-- ===== src/Slc/BestFit.antt =====
-- Which partition of the system level cache a request is given.
use google_lwis.Prelude.{
  ℕ, suc, ◌+◌, ◌≤◌, ◌≡◌, refl, subst, true, ◌&&◌, Option, none, some, List, [], ◌∷◌, arith, leb,
  ◌==◌, get_elem?, set, All, Bool-cases, if-cases, inl, inr,
}
use google_lwis.Slc.{
  SlcPartition, SlcDevice, PtApi, is_free, is_negative, size_to_kb, find_partition, take_partition,
  probed, alloc_at, alloc_found, alloc_with, lwis_slc_buffer_alloc, pt_ptid_invalid,
}
use google_lwis.Slc.Ascending.{
  Sorted, sizes_of, IsAscending, SlcUse, run_uses, run_uses-IsAscending,
}

-- What the search finds is free and large enough, and not larger than another such partition.
abbrev Fits : SlcPartition → ℕ → Type 0
Fits p size = (is_free p ≡ true) × (size_to_kb size ≤ p.size_kb)

abbrev pub IsBest : SlcPartition → ℕ → List SlcPartition → Type 0
IsBest p size ps = All (λ q. Fits q size → p.size_kb ≤ q.size_kb) ps

IsBest-of_sorted :
    (p : SlcPartition) (size : ℕ) (ps : List SlcPartition)
    → All (λ y. p.size_kb ≤ y) (sizes_of ps)
    → IsBest p size ps
IsBest-of_sorted p size [] h = tt
IsBest-of_sorted p size (q ∷ ps) h = (λ fits. h.0, IsBest-of_sorted p size ps h.1)

find_partition-IsBest :
    (ps : List SlcPartition) (size i j : ℕ)
    → Sorted (sizes_of ps)
    → find_partition ps size i ≡ some j
    → (n : ℕ) × (p : SlcPartition) × (j ≡ i + n)
      × (get_elem? ps n ≡ some p)
      × Fits p size
      × IsBest p size ps
unfolding find_partition
find_partition-IsBest [] size i j sorted e = absurd (cc)
find_partition-IsBest (p ∷ ps) size i j sorted e =
    elim (Bool-cases (is_free p && leb (size_to_kb size) p.size_kb)) [
      | inl hit ↦ (
        0,
        p,
        ground arith,
        refl,
        (ground arith, ground arith),
        ((λ fits. omega arith), IsBest-of_sorted p size ps sorted.0),
      )
      | inr miss ↦
          (let (n, found, place, there, fits, best) =
              find_partition-IsBest ps size (i + 1) j sorted.1 (ground arith) in
            (
              suc n,
              found,
              omega arith,
              there,
              fits,
              ((λ f. absurd (ground (arith, f.0, f.1))), best),
            ))
    ]

module _ {Hw : Type 0} (api : PtApi Hw) where
  -- A request got a free partition that is large enough, no larger than another such partition, and
  -- its entry is the only one changed.
  abbrev pub Taken : SlcDevice → ℕ → ℕ × ℕ × ℕ × SlcDevice × Hw → Type 0
  Taken d size result =
      (i : ℕ) × (p : SlcPartition) × (get_elem? d.pt i ≡ some p)
      × (is_free p ≡ true)
      × (size_to_kb size ≤ p.size_kb)
      × IsBest p size d.pt
      × (result.3.pt ≡ set d.pt i (record p { fd = result.1; partition_id = result.2 }))

  take-Taken :
      (hw : Hw) (d : SlcDevice) (h i size : ℕ) (p : SlcPartition)
      → get_elem? d.pt i ≡ some p
      → is_free p ≡ true
      → size_to_kb size ≤ p.size_kb
      → IsBest p size d.pt
      → (take_partition api hw d h i p).0 ≡ 0
      → Taken d size (take_partition api hw d h i p)
  unfolding take_partition
  take-Taken hw d h i size p there free large best =
      let (partition_id, hw1) = api.pt_client_enable hw h p.id in
      let fd = (api.anon_inode_getfd hw1 i).0 in
      let P = λ (x : ℕ × ℕ × ℕ × SlcDevice × Hw). (x.0 ≡ 0 → Taken d size x) in
      if-cases P (partition_id == pt_ptid_invalid) (λ e z. absurd (omega (arith, z)))
        (λ e.
          if-cases P (is_negative fd) (λ n z. absurd (ground arith))
            (λ n z. (i, p, there, free, large, best, refl)))

  found-Taken :
      (hw : Hw) (d : SlcDevice) (h size : ℕ) (o : Option ℕ)
      → IsAscending d
      → find_partition d.pt size 0 ≡ o
      → (alloc_found api hw d h o).0 ≡ 0
      → Taken d size (alloc_found api hw d h o)
  unfolding alloc_found alloc_at
  found-Taken hw d h size none sorted e z = absurd (omega (arith, z))
  found-Taken hw d h size (some i) sorted e z =
      let (n, p, place, there, fits, best) = find_partition-IsBest d.pt size 0 i sorted e in
      let at_i : get_elem? d.pt i ≡ some p =
        subst (λ k. get_elem? d.pt k ≡ some p) (omega arith) there in
      rw at_i (
        take-Taken hw d h i size p at_i fits.0 fits.1 best
          (subst (λ o. (alloc_at api hw d h i o).0 ≡ 0) at_i z))

  with-Taken :
      (hw : Hw) (d : SlcDevice) (size : ℕ) (o : Option ℕ)
      → IsAscending d
      → (alloc_with api hw d size o).0 ≡ 0
      → Taken d size (alloc_with api hw d size o)
  unfolding alloc_with
  with-Taken hw d size none sorted z = absurd (omega (arith, z))
  with-Taken hw d size (some h) sorted z =
      found-Taken hw d h size (find_partition d.pt size 0) sorted refl z

  -- After any calls of lwis_slc_enable, lwis_slc_disable, lwis_slc_buffer_alloc and
  -- lwis_slc_buffer_free on a device that was just probed, whatever they returned, a request that
  -- returns 0 has taken a free partition whose kilobytes are at least those of the request, rounded
  -- down, and are the fewest of all such partitions; it stores the file and the id that it returns
  -- in that partition, and changes no other.
  pub slc_request-Taken :
      (hw : Hw) (us : List SlcUse) (size : ℕ)
      → (lwis_slc_buffer_alloc api
          (run_uses api hw probed us).1
          (run_uses api hw probed us).0
          size).0
        ≡ 0
      → Taken (run_uses api hw probed us).0 size (
          lwis_slc_buffer_alloc api
            (run_uses api hw probed us).1
            (run_uses api hw probed us).0
            size)
  unfolding lwis_slc_buffer_alloc
  slc_request-Taken hw us size =
      with-Taken (run_uses api hw probed us).1 (run_uses api hw probed us).0 size
        (run_uses api hw probed us).0.partition_handle (run_uses-IsAscending api hw probed us tt)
※
**Your assignment:** Print all the data exactly as shown above.

**Reply to the task:**
-- ===== src/Slc/BestFit.antt =====
-- Which partition of the system level cache a request is given.
use google_lwis.Prelude.{
  ℕ, suc, ◌+◌, ◌≤◌, ◌≡◌, refl, subst, true, ◌&&◌, Option, none, some, List, [], ◌∷◌, arith, leb,
  ◌==◌, get_elem?, set, All, Bool-cases, if-cases, inl, inr,
}
use google_lwis.Slc.{
  SlcPartition, SlcDevice, PtApi, is_free, is_negative, size_to_kb, find_partition, take_partition,
  probed, alloc_at, alloc_found, alloc_with, lwis_slc_buffer_alloc, pt_ptid_invalid,
}
use google_lwis.Slc.Ascending.{
  Sorted, sizes_of, IsAscending, SlcUse, run_uses, run_uses-IsAscending,
}

-- What the search finds is free and large enough, and not larger than another such partition.
abbrev Fits : SlcPartition → ℕ → Type 0
Fits p size = (is_free p ≡ true) × (size_to_kb size ≤ p.size_kb)

abbrev pub IsBest : SlcPartition → ℕ → List SlcPartition → Type 0
IsBest p size ps = All (λ q. Fits q size → p.size_kb ≤ q.size_kb) ps

IsBest-of_sorted :
    (p : SlcPartition) (size : ℕ) (ps : List SlcPartition)
    → All (λ y. p.size_kb ≤ y) (sizes_of ps)
    → IsBest p size ps
IsBest-of_sorted p size [] h = tt
IsBest-of_sorted p size (q ∷ ps) h = (λ fits. h.0, IsBest-of_sorted p size ps h.1)

find_partition-IsBest :
    (ps : List SlcPartition) (size i j : ℕ)
    → Sorted (sizes_of ps)
    → find_partition ps size i ≡ some j
    → (n : ℕ) × (p : SlcPartition) × (j ≡ i + n)
      × (get_elem? ps n ≡ some p)
      × Fits p size
      × IsBest p size ps
unfolding find_partition
find_partition-IsBest [] size i j sorted e = absurd (cc)
find_partition-IsBest (p ∷ ps) size i j sorted e =
    elim (Bool-cases (is_free p && leb (size_to_kb size) p.size_kb)) [
      | inl hit ↦ (
        0,
        p,
        ground arith,
        refl,
        (ground arith, ground arith),
        ((λ fits. omega arith), IsBest-of_sorted p size ps sorted.0),
      )
      | inr miss ↦
          (let (n, found, place, there, fits, best) =
              find_partition-IsBest ps size (i + 1) j sorted.1 (ground arith) in
            (
              suc n,
              found,
              omega arith,
              there,
              fits,
              ((λ f. absurd (ground (arith, f.0, f.1))), best),
            ))
    ]

module _ {Hw : Type 0} (api : PtApi Hw) where
  -- A request got a free partition that is large enough, no larger than another such partition, and
  -- its entry is the only one changed.
  abbrev pub Taken : SlcDevice → ℕ → ℕ × ℕ × ℕ × SlcDevice × Hw → Type 0
  Taken d size result =
      (i : ℕ) × (p : SlcPartition) × (get_elem? d.pt i ≡ some p)
      × (is_free p ≡ true)
      × (size_to_kb size ≤ p.size_kb)
      × IsBest p size d.pt
      × (result.3.pt ≡ set d.pt i (record p { fd = result.1; partition_id = result.2 }))

  take-Taken :
      (hw : Hw) (d : SlcDevice) (h i size : ℕ) (p : SlcPartition)
      → get_elem? d.pt i ≡ some p
      → is_free p ≡ true
      → size_to_kb size ≤ p.size_kb
      → IsBest p size d.pt
      → (take_partition api hw d h i p).0 ≡ 0
      → Taken d size (take_partition api hw d h i p)
  unfolding take_partition
  take-Taken hw d h i size p there free large best =
      let (partition_id, hw1) = api.pt_client_enable hw h p.id in
      let fd = (api.anon_inode_getfd hw1 i).0 in
      let P = λ (x : ℕ × ℕ × ℕ × SlcDevice × Hw). (x.0 ≡ 0 → Taken d size x) in
      if-cases P (partition_id == pt_ptid_invalid) (λ e z. absurd (omega (arith, z)))
        (λ e.
          if-cases P (is_negative fd) (λ n z. absurd (ground arith))
            (λ n z. (i, p, there, free, large, best, refl)))

  found-Taken :
      (hw : Hw) (d : SlcDevice) (h size : ℕ) (o : Option ℕ)
      → IsAscending d
      → find_partition d.pt size 0 ≡ o
      → (alloc_found api hw d h o).0 ≡ 0
      → Taken d size (alloc_found api hw d h o)
  unfolding alloc_found alloc_at
  found-Taken hw d h size none sorted e z = absurd (omega (arith, z))
  found-Taken hw d h size (some i) sorted e z =
      let (n, p, place, there, fits, best) = find_partition-IsBest d.pt size 0 i sorted e in
      let at_i : get_elem? d.pt i ≡ some p =
        subst (λ k. get_elem? d.pt k ≡ some p) (omega arith) there in
      rw at_i (
        take-Taken hw d h i size p at_i fits.0 fits.1 best
          (subst (λ o. (alloc_at api hw d h i o).0 ≡ 0) at_i z))

  with-Taken :
      (hw : Hw) (d : SlcDevice) (size : ℕ) (o : Option ℕ)
      → IsAscending d
      → (alloc_with api hw d size o).0 ≡ 0
      → Taken d size (alloc_with api hw d size o)
  unfolding alloc_with
  with-Taken hw d size none sorted z = absurd (omega (arith, z))
  with-Taken hw d size (some h) sorted z =
      found-Taken hw d h size (find_partition d.pt size 0) sorted refl z

  -- After any calls of lwis_slc_enable, lwis_slc_disable, lwis_slc_buffer_alloc and
  -- lwis_slc_buffer_free on a device that was just probed, whatever they returned, a request that
  -- returns 0 has taken a free partition whose kilobytes are at least those of the request, rounded
  -- down, and are the fewest of all such partitions; it stores the file and the id that it returns
  -- in that partition, and changes no other.
  pub slc_request-Taken :
      (hw : Hw) (us : List SlcUse) (size : ℕ)
      → (lwis_slc_buffer_alloc api
          (run_uses api hw probed us).1
          (run_uses api hw probed us).0
          size).0
        ≡ 0
      → Taken (run_uses api hw probed us).0 size (
          lwis_slc_buffer_alloc api
            (run_uses api hw probed us).1
            (run_uses api hw probed us).0
            size)
  unfolding lwis_slc_buffer_alloc
  slc_request-Taken hw us size =
      with-Taken (run_uses api hw probed us).1 (run_uses api hw probed us).0 size
        (run_uses api hw probed us).0.partition_handle (run_uses-IsAscending api hw probed us tt)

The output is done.